Your task: Copying exactly, give the lines in the material below from the one with "filename src/Sync/Pull/Shown.antt" to the one with "rows ≡ some out))", ends included, and nothing besides.

Data supplied:
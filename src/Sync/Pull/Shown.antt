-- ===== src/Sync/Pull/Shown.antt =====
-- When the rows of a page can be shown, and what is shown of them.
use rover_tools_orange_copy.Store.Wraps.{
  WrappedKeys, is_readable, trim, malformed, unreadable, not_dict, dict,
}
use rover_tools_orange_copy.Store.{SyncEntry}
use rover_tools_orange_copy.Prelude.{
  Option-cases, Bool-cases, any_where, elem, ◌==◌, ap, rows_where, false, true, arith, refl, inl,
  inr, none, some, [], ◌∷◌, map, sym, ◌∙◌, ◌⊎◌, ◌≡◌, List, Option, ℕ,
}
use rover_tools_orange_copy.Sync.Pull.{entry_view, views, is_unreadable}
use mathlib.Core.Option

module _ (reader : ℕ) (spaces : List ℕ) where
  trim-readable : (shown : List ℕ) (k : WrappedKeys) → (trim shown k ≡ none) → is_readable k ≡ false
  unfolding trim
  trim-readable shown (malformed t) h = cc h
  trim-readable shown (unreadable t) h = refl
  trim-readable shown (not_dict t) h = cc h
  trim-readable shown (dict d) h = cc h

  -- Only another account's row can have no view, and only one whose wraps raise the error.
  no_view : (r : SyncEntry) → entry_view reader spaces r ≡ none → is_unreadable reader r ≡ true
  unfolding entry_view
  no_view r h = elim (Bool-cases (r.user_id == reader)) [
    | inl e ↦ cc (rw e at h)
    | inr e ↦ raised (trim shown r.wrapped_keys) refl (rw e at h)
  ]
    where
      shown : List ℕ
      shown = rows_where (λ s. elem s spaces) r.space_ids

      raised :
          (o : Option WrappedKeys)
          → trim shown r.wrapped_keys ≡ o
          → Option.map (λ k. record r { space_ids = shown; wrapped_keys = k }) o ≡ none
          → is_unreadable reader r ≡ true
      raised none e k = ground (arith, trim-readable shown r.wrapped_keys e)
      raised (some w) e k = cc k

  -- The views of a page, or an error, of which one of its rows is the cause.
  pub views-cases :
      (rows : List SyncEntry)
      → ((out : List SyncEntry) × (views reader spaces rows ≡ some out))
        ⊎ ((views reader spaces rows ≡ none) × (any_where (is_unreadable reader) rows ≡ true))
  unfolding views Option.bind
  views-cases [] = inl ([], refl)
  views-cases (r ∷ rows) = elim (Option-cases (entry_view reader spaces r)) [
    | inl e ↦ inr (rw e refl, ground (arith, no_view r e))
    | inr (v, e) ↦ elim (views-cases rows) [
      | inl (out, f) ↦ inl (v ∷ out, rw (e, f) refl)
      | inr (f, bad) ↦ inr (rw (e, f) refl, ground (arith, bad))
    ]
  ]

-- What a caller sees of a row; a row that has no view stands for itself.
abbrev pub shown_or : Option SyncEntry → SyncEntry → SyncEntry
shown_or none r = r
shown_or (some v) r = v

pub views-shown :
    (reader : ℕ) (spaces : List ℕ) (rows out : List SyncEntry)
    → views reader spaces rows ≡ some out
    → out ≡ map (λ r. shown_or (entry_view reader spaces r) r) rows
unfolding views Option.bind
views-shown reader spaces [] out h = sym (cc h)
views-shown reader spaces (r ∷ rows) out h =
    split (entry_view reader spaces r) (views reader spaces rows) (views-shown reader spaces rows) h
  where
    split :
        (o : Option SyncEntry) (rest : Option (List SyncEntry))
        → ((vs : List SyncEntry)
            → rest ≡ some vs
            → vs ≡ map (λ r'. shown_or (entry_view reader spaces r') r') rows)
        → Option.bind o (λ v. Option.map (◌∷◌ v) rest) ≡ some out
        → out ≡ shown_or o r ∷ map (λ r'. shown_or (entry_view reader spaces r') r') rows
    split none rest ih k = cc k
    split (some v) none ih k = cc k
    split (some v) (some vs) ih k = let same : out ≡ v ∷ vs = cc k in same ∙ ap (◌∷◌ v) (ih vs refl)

...

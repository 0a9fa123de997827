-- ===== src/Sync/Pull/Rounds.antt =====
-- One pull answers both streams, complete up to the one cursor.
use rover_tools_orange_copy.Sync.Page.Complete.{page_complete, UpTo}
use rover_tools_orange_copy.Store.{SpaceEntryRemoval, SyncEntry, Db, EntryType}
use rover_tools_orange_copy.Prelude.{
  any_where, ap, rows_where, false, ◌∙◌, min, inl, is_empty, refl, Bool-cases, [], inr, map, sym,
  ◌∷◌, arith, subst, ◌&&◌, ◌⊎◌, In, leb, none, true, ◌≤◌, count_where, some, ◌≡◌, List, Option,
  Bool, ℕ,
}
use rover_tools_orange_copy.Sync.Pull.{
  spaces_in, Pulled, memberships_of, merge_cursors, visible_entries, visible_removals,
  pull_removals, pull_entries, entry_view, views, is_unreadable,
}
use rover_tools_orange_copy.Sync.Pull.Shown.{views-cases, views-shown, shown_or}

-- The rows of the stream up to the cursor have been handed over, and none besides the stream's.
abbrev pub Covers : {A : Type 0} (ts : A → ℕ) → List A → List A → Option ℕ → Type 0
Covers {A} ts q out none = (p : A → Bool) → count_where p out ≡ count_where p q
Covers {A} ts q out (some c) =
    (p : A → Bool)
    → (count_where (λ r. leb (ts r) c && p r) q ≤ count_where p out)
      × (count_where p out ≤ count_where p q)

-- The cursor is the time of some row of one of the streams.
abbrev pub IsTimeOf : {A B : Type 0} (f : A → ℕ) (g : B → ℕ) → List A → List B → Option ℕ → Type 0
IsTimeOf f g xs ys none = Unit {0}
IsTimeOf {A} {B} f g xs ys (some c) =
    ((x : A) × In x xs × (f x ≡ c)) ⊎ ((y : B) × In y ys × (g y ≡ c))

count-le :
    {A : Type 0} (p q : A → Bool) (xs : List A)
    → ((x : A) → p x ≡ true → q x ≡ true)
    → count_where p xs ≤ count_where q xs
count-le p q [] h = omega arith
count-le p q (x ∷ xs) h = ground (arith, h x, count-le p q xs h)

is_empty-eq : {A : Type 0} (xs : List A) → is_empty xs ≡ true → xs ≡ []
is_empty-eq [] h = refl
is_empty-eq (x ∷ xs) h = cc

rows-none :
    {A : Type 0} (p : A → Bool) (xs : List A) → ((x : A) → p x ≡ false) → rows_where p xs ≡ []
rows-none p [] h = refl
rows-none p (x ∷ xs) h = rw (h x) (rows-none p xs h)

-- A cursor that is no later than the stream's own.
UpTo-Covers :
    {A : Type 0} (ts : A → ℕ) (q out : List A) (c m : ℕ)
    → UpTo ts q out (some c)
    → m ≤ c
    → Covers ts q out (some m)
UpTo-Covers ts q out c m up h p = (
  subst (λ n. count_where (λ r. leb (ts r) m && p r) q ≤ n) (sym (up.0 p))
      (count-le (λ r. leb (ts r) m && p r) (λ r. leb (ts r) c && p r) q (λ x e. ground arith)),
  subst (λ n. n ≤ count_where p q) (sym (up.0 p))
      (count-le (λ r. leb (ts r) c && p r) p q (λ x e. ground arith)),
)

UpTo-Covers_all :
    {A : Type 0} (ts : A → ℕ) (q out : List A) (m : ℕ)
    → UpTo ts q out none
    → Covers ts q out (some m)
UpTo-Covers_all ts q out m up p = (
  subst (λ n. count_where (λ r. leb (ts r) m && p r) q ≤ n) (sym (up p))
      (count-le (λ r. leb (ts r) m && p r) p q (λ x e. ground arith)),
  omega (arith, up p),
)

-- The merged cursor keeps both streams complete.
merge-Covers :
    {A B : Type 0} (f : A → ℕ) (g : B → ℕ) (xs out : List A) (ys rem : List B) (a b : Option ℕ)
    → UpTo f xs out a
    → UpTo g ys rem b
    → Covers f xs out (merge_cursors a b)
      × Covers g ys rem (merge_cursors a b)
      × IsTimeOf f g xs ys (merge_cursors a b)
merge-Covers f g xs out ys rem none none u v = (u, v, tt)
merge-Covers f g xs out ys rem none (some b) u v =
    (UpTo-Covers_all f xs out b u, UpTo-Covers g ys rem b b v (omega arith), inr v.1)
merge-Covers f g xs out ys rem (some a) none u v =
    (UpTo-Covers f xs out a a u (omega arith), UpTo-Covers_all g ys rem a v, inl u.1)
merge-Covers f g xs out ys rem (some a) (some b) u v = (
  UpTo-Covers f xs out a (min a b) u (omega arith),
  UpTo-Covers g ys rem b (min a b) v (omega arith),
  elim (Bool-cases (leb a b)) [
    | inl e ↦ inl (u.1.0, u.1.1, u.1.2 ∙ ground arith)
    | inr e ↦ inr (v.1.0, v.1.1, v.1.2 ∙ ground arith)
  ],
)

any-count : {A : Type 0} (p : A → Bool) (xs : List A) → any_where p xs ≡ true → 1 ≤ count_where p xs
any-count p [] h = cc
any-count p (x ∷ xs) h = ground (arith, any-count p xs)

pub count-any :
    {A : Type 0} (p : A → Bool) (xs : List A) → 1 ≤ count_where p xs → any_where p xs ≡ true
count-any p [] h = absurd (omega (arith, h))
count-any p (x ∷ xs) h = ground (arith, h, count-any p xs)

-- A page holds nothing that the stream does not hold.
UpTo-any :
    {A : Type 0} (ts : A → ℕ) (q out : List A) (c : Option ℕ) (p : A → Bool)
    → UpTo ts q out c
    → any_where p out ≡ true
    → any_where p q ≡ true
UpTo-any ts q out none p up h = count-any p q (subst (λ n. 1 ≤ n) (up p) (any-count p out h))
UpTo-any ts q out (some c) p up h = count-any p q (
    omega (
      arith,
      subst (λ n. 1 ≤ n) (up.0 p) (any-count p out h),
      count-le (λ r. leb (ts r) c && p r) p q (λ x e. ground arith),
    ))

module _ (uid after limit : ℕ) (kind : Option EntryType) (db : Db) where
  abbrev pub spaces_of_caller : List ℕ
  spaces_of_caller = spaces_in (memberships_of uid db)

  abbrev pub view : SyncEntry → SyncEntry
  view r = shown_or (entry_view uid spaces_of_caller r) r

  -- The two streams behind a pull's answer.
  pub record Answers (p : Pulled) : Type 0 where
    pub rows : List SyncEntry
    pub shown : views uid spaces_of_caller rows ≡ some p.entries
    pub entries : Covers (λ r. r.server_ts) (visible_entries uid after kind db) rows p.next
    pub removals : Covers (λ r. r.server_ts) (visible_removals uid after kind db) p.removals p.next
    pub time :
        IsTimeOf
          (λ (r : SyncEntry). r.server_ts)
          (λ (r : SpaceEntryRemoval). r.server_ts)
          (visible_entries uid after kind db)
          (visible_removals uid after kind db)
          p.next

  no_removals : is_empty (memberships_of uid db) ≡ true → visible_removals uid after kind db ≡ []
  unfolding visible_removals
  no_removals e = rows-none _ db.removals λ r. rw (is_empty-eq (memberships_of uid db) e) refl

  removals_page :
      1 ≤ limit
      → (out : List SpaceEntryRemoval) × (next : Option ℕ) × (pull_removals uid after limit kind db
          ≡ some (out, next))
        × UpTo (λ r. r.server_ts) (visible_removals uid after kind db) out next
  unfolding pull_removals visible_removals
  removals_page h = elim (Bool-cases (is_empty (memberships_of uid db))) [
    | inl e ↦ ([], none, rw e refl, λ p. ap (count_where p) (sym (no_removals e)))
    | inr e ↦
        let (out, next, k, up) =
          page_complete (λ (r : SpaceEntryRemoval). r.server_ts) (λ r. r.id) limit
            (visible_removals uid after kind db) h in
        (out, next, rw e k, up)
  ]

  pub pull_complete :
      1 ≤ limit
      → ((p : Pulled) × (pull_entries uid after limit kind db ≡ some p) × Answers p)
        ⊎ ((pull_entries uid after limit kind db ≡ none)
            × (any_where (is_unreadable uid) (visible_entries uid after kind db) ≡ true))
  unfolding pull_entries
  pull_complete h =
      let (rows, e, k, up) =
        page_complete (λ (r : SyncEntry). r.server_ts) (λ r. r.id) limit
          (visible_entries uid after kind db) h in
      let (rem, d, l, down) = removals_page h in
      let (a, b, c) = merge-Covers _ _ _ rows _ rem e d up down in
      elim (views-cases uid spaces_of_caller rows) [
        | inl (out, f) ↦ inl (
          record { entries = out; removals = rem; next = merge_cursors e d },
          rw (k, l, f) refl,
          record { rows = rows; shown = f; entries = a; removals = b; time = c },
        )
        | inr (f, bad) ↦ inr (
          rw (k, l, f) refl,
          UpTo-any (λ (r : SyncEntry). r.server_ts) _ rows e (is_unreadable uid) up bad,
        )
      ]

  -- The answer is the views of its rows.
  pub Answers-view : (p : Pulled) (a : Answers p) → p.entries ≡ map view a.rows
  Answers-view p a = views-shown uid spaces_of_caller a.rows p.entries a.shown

Your solution:
filename src/Sync/Pull/Shown.antt
-- ===== src/Sync/Pull/Shown.antt =====
-- When the rows of a page can be shown, and what is shown of them.
use rover_tools_orange_copy.Store.Wraps.{
  WrappedKeys, is_readable, trim, malformed, unreadable, not_dict, dict,
}
use rover_tools_orange_copy.Store.{SyncEntry}
use rover_tools_orange_copy.Prelude.{
  Option-cases, Bool-cases, any_where, elem, ◌==◌, ap, rows_where, false, true, arith, refl, inl,
  inr, none, some, [], ◌∷◌, map, sym, ◌∙◌, ◌⊎◌, ◌≡◌, List, Option, ℕ,
}
use rover_tools_orange_copy.Sync.Pull.{entry_view, views, is_unreadable}
use mathlib.Core.Option

module _ (reader : ℕ) (spaces : List ℕ) where
  trim-readable : (shown : List ℕ) (k : WrappedKeys) → (trim shown k ≡ none) → is_readable k ≡ false
  unfolding trim
  trim-readable shown (malformed t) h = cc h
  trim-readable shown (unreadable t) h = refl
  trim-readable shown (not_dict t) h = cc h
  trim-readable shown (dict d) h = cc h

  -- Only another account's row can have no view, and only one whose wraps raise the error.
  no_view : (r : SyncEntry) → entry_view reader spaces r ≡ none → is_unreadable reader r ≡ true
  unfolding entry_view
  no_view r h = elim (Bool-cases (r.user_id == reader)) [
    | inl e ↦ cc (rw e at h)
    | inr e ↦ raised (trim shown r.wrapped_keys) refl (rw e at h)
  ]
    where
      shown : List ℕ
      shown = rows_where (λ s. elem s spaces) r.space_ids

      raised :
          (o : Option WrappedKeys)
          → trim shown r.wrapped_keys ≡ o
          → Option.map (λ k. record r { space_ids = shown; wrapped_keys = k }) o ≡ none
          → is_unreadable reader r ≡ true
      raised none e k = ground (arith, trim-readable shown r.wrapped_keys e)
      raised (some w) e k = cc k

  -- The views of a page, or an error, of which one of its rows is the cause.
  pub views-cases :
      (rows : List SyncEntry)
      → ((out : List SyncEntry) × (views reader spaces rows ≡ some out))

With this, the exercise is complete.